● Dataset entries

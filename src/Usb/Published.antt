-- ===== src/Usb/Published.antt =====
-- usb/xhci.c: what the controller finds in the command ring.
use os_from_scratch_graphic.Prelude.{
  ℕ, suc, ◌+◌, ◌%◌, ◌≡◌, ◌≢◌, ◌≤◌, ◌<◌, Bool, true, false, ◌&&◌, some, List, [], ◌∷◌, length,
  get_or, set, ltb, if◌then◌else◌,
}
use os_from_scratch_graphic.Usb.Command.{
  Trb, trb_at, Command, setup_trb, data_trb, status_trb, slot_of, hand_over_all,
}
use os_from_scratch_graphic.Usb.Handover.{IsCommand, sealed}

-- The entries of a control transfer.
abbrev pub stages : ℕ → Bool → ℕ → ℕ → Bool → List Trb
stages setup_phys has_data data_phys len direction_in =
    if has_data && ltb 0 len
    then setup_trb setup_phys ∷ (data_trb data_phys len direction_in ∷ (status_trb ∷ []))
    else setup_trb setup_phys ∷ (status_trb ∷ [])

-- The entries in their slots, before they are handed over, and the slots that they leave.
record Staged (r s : Command) (es : List Trb) : Type 0 where
  sound : IsCommand s
  start : s.last_start ≡ some r.head
  count : s.last_count ≡ length es
  head : s.head ≡ r.head
  cycle : s.cycle ≡ r.cycle
  counter : s.token_counter ≡ r.token_counter
  marks : s.pending ≡ r.pending
  some_entry : length es ≢ 0
  few : length es ≤ 3
  entries : (j : ℕ) → j < length es → trb_at s.trbs (slot_of r.head j) ≡ trb_at es j
  others :
      (k : ℕ) → ((j : ℕ) → j < length es → slot_of r.head j ≢ k) → trb_at s.trbs k ≡ trb_at r.trbs k

-- Entries laid into the slots from number `i` on.
abbrev lay : List Trb → ℕ → ℕ → List Trb → List Trb
lay trbs start i [] = trbs
lay trbs start i (e ∷ es) = lay (set trbs (slot_of start i) e) start (suc i) es

-- The ring after a transfer is handed over.
pub record Published (r f : Command) (es : List Trb) (token : ℕ) : Type 0 where
  pub sound : IsCommand f
  pub head : f.head ≡ (r.head + length es) % 256
  pub entries :
      (j : ℕ)
      → j < length es
      → trb_at f.trbs (slot_of r.head j) ≡ sealed r.cycle token (trb_at es j)
  pub marks : (j : ℕ) → j < length es → get_or f.pending (slot_of r.head j) false ≡ true
  pub others :
      (k : ℕ)
      → ((j : ℕ) → j < length es → slot_of r.head j ≢ k)
      → (trb_at f.trbs k ≡ trb_at r.trbs k) × (get_or f.pending k false ≡ get_or r.pending k false)

-- The ring with the entries of `s` handed over.
abbrev handed : Command → ℕ → ℕ → ℕ → Command
handed s start token n = hand_over_all (record s { token_counter = token }) start token 0 n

● Problem requirements
Gather up, from the records above, each line where the word "antt" appears.

● Task response
filename src/Usb/Published.antt
-- ===== src/Usb/Published.antt =====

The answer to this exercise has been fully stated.